Medical tests help detect diseases and conditions, but they aren’t perfect. Sometimes, multiple tests exist for the same condition, using different methods. Comparing these tests head-to-head, using a paired study design, allows us to determine if one test outperforms the other, or if a cheaper, less invasive alternative exists. This article outlines methods for comparing two diagnostic tests using R.
Understanding Key Statistical Measures
Comparing diagnostic tests involves calculating several key statistics:
- Sensitivity: The proportion of positive tests among individuals with the disease. A high sensitivity indicates the test effectively identifies those with the condition.
- Specificity: The proportion of negative tests among individuals without the disease. High specificity means the test effectively rules out those without the condition.
- Positive Predictive Value (PPV): The probability of having the disease given a positive test result. PPV answers the question: “If the test is positive, how likely is it that I actually have the disease?”
- Negative Predictive Value (NPV): The probability of not having the disease given a negative test result. NPV answers: “If the test is negative, how likely is it that I truly don’t have the disease?”
Sensitivity and specificity are often used in early test development, while PPV and NPV are more relevant in clinical settings as they provide information about disease status given a test result.
Comparing PPV and NPV with Paired Data
Comparing PPV and NPV requires a paired study design where both tests are performed on the same individuals. The DTComPair package in R offers the pv.rpv() function for this purpose. This function compares the relative difference between PPV or NPV values, providing a more informative comparison than absolute differences.
The pv.rpv() function requires data formatted using the tab.paired() function, which takes three arguments:
d: Gold standard results (1 = disease present, 0 = disease absent).y1: Results of diagnostic test 1 (1 = positive, 0 = negative).y2: Results of diagnostic test 2 (1 = positive, 0 = negative).
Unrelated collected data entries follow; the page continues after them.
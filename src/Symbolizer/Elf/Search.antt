-- ===== src/Symbolizer/Elf/Search.antt =====
-- ElfFile (symbolizer/Elf.cc): what the searches for a section find.
use mathlib.Core.Path.{subst}
use claire_common.Common.{
  ℕ, zero, suc, ◌+◌, ◌*◌, ◌<◌, ◌≡◌, refl, Bool, true, false, Option, none, some, List, length, leb,
  if◌then◌else◌, arith, sym, ◌∙◌,
}
use claire_common.Common.Outcome.{
  Outcome, done, check_failed, undefined, out_of_fuel, ◌>>=◌, done-injective, Holds, Holds-bind,
  Holds-mono, Holds-self, Holds-if,
}
use claire_common.Symbolizer.Elf.{
  SectionHeader, ElfHeader, section_at, field, get_elf_header, find_section, contains,
  get_section_containing_address, get_section_by_index,
}

-- No header of so many from the offset on passes the test.
abbrev pub AllFail : List ℕ → (SectionHeader → Bool) → ℕ → ℕ → Type 0
AllFail file test count offset =
    (i : ℕ)
    → i < count
    → (section : SectionHeader) → section_at file (offset + i * 64) ≡ done section
    → test section ≡ false

-- The first that passes, or none.
abbrev pub IsFirst : List ℕ → (SectionHeader → Bool) → ℕ → ℕ → Option ℕ → Type 0
IsFirst file test count offset none = AllFail file test count offset
IsFirst file test count offset (some found) =
    (i : ℕ) × (i < count)
    × (found ≡ offset + i * 64)
    × ((section : SectionHeader) × (section_at file found ≡ done section) × (test section ≡ true))
    × AllFail file test i offset

pub field-Ends :
    (file : List ℕ) (offset width : ℕ) → Holds (λ value. Unit) (field file offset width)
unfolding field
field-Ends file offset width =
    Holds-if (λ value. Unit) (leb (offset + width) (length file)) (done _) undefined tt tt

pub then-Ends :
    {B : Type 0} (file : List ℕ) (offset width : ℕ) (k : ℕ → Outcome B)
    → ((value : ℕ) → Holds (λ b. Unit) (k value))
    → Holds (λ b. Unit) (field file offset width >>= k)
then-Ends file offset width k h =
    Holds-bind (λ value. Unit) (λ b. Unit) (field file offset width) k
      (field-Ends file offset width) (λ value e. h value)

pub section_at-Ends :
    (file : List ℕ) (offset : ℕ) → Holds (λ section. Unit) (section_at file offset)
unfolding section_at
section_at-Ends file offset = then-Ends file offset 4 _ (λ a. then-Ends file (offset + 4) 4 _ (λ b.
    then-Ends file (offset + 16) 8 _ (λ c. then-Ends file (offset + 24) 8 _ (λ d.
      then-Ends file (offset + 32) 8 _ (λ e.
        then-Ends file (offset + 40) 4 _ (λ f. then-Ends file (offset + 56) 8 _ (λ g. tt)))))))

module _ (file : List ℕ) (test : SectionHeader → Bool) where
  AllFail-suc :
      (count offset : ℕ) (section : SectionHeader)
      → section_at file offset ≡ done section
      → test section ≡ false
      → AllFail file test count (offset + 64)
      → AllFail file test (suc count) offset
  AllFail-suc count offset section e fails others zero below section' e' =
      let at = subst (λ o. section_at file o ≡ done section') (omega arith) e' in
      subst (λ s. test s ≡ false) (done-injective (sym e ∙ at)) fails
  AllFail-suc count offset section e fails others (suc i) below section' e' =
      others i (omega (arith, below)) section'
        (subst (λ o. section_at file o ≡ done section') (omega arith) e')

  IsFirst-suc :
      (count offset : ℕ) (section : SectionHeader) (result : Option ℕ)
      → section_at file offset ≡ done section
      → test section ≡ false
      → IsFirst file test count (offset + 64) result
      → IsFirst file test (suc count) offset result
  IsFirst-suc count offset section none e fails first =
      AllFail-suc count offset section e fails first
  IsFirst-suc count offset section (some found) e fails first = (
    suc first.0,
    omega (arith, first.1),
    omega (arith, first.2),
    first.3,
    AllFail-suc first.0 offset section e fails first.4,
  )

  Holds-test :
      (count offset : ℕ) (section : SectionHeader) (passes : Bool) (again : Outcome (Option ℕ))
      → section_at file offset ≡ done section
      → test section ≡ passes
      → Holds (IsFirst file test count (offset + 64)) again
      → Holds (IsFirst file test (suc count) offset) (if passes then done (some offset) else again)
  Holds-test count offset section true again e passes others = (
    zero,
    omega arith,
    omega arith,
    (section, e, passes),
    λ i below. absurd (omega (arith, below)),
  )
  Holds-test count offset section false again e fails others =
      Holds-mono _ _ again (λ found. IsFirst-suc count offset section found e fails) others

  Holds-section :
      (count offset : ℕ) (read : Outcome SectionHeader) (again : Outcome (Option ℕ))
      → section_at file offset ≡ read
      → Holds (λ section. Unit) read
      → Holds (IsFirst file test count (offset + 64)) again
      → Holds
          (IsFirst file test (suc count) offset)
          (read >>= λ section. if test section then done (some offset) else again)
  Holds-section count offset (done section) again e ends others =
      Holds-test count offset section (test section) again e refl others
  Holds-section count offset check_failed again e ends others = tt
  Holds-section count offset undefined again e ends others = tt
  Holds-section count offset out_of_fuel again e ends others = elim ends [ ]

  pub find_section-IsFirst :
      (count offset : ℕ)
      → Holds (IsFirst file test count offset) (find_section file test count offset)
  unfolding find_section
  find_section-IsFirst zero offset = λ i below. absurd (omega (arith, below))
  find_section-IsFirst (suc count) offset =
      Holds-section count offset (section_at file offset)
        (find_section file test count (offset + 64)) refl (section_at-Ends file offset)
        (find_section-IsFirst count (offset + 64))

pub get_elf_header-Ends : (file : List ℕ) → Holds (λ header. Unit) (get_elf_header file)
unfolding get_elf_header
get_elf_header-Ends file = then-Ends file 32 8 _ (λ a. then-Ends file 40 8 _ (λ b.
    then-Ends file 56 2 _ (λ c. then-Ends file 60 2 _ (λ d. then-Ends file 62 2 _ (λ e. tt)))))

pub get_section_by_index-Ends :
    (file : List ℕ) (index : ℕ) → Holds (λ section. Unit) (get_section_by_index file index)
unfolding get_section_by_index
get_section_by_index-Ends file index =
    Holds-bind (λ header. Unit) (λ section. Unit) (get_elf_header file) _ (get_elf_header-Ends file)
      (λ header e. section_at-Ends file (header.e_shoff + index * 64))

-- The first section that covers the address, or none.
abbrev pub IsCovering : List ℕ → ℕ → Option ℕ → Type 0
IsCovering file address found =
    (header : ElfHeader) × (get_elf_header file ≡ done header)
    × IsFirst file (contains address) header.e_shnum header.e_shoff found

-- GetSectionContainingAddress ends; when the headers it reads lie in the file, it gives the first of
-- the section headers whose section covers the address, or null when none does.
pub get_section_containing_address-IsCovering :
    (file : List ℕ) (address : ℕ)
    → Holds (IsCovering file address) (get_section_containing_address file address)
unfolding get_section_containing_address
get_section_containing_address-IsCovering file address =
    Holds-bind (λ header. get_elf_header file ≡ done header) (IsCovering file address)
      (get_elf_header file) _ (Holds-self _ (get_elf_header-Ends file))
      (λ header e.
        Holds-mono (IsFirst file (contains address) header.e_shnum header.e_shoff)
          (IsCovering file address) _ (λ found first. (header, e, first))
          (find_section-IsFirst file (contains address) header.e_shnum header.e_shoff))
The output of pv.rpv() includes:
- PPV for each test.
- Relative PPV (rPPV), indicating the proportional difference between the PPVs.
- Confidence interval for rPPV.
- Test statistic and p-value for testing the null hypothesis that rPPV equals 1 (no difference).
Comparing Sensitivity and Specificity with McNemar’s Test
The McNemar test, implemented in R using the sesp.mcnemar() function from DTComPair, compares sensitivities and specificities. This test assesses whether the difference in proportions is statistically significant. The function also requires a paired data object created with tab.paired(). To obtain confidence intervals for the differences in sensitivity and specificity, use the sesp.diff.ci() function.
Practical Example: Cystic Fibrosis
Moskowitz and Pepe (2006) compared two prognostic factors for severe respiratory infection in cystic fibrosis patients: a positive culture for Pseudomonas Aeruginosa (PA) and a prior respiratory infection (PEx).
Analysis revealed that PEx exhibited significantly higher sensitivity, PPV, and NPV compared to PA. The pv.rpv() function demonstrated a statistically significant relative difference in PPV, favoring PEx. McNemar’s test confirmed a significant difference in specificity, again favoring PEx.
Conclusion
Comparing diagnostic tests is crucial for determining the most effective and efficient methods for disease detection. By using statistical techniques such as relative PPV comparison with pv.rpv() and McNemar’s test with sesp.mcnemar(), clinicians and researchers can make informed decisions about which diagnostic tests to utilize. The R package DTComPair provides readily available tools for performing these analyses.
References
- Stock C, Hielscher T (2014). DTComPair: comparison of binary diagnostic tests in a paired study design. R package version 1.0.3.
- McNemar Q. (1947). Note on the sampling error of the difference between correlated proportions or percentages. Psychometrika, 12(2):153-7.
- Moskowitz CS, and Pepe MS (2006). Comparing the predictive values of diagnostic tests: sample size and analysis for paired study designs. Clin Trials, 3(3):272-9.
- R Core Team (2021). R: A language and environment for statistical computing. R Foundation for Statistical Computing, Vienna, Austria.
- “Evaluating Risk Prediction with ROC Curves.” Columbia Public Health.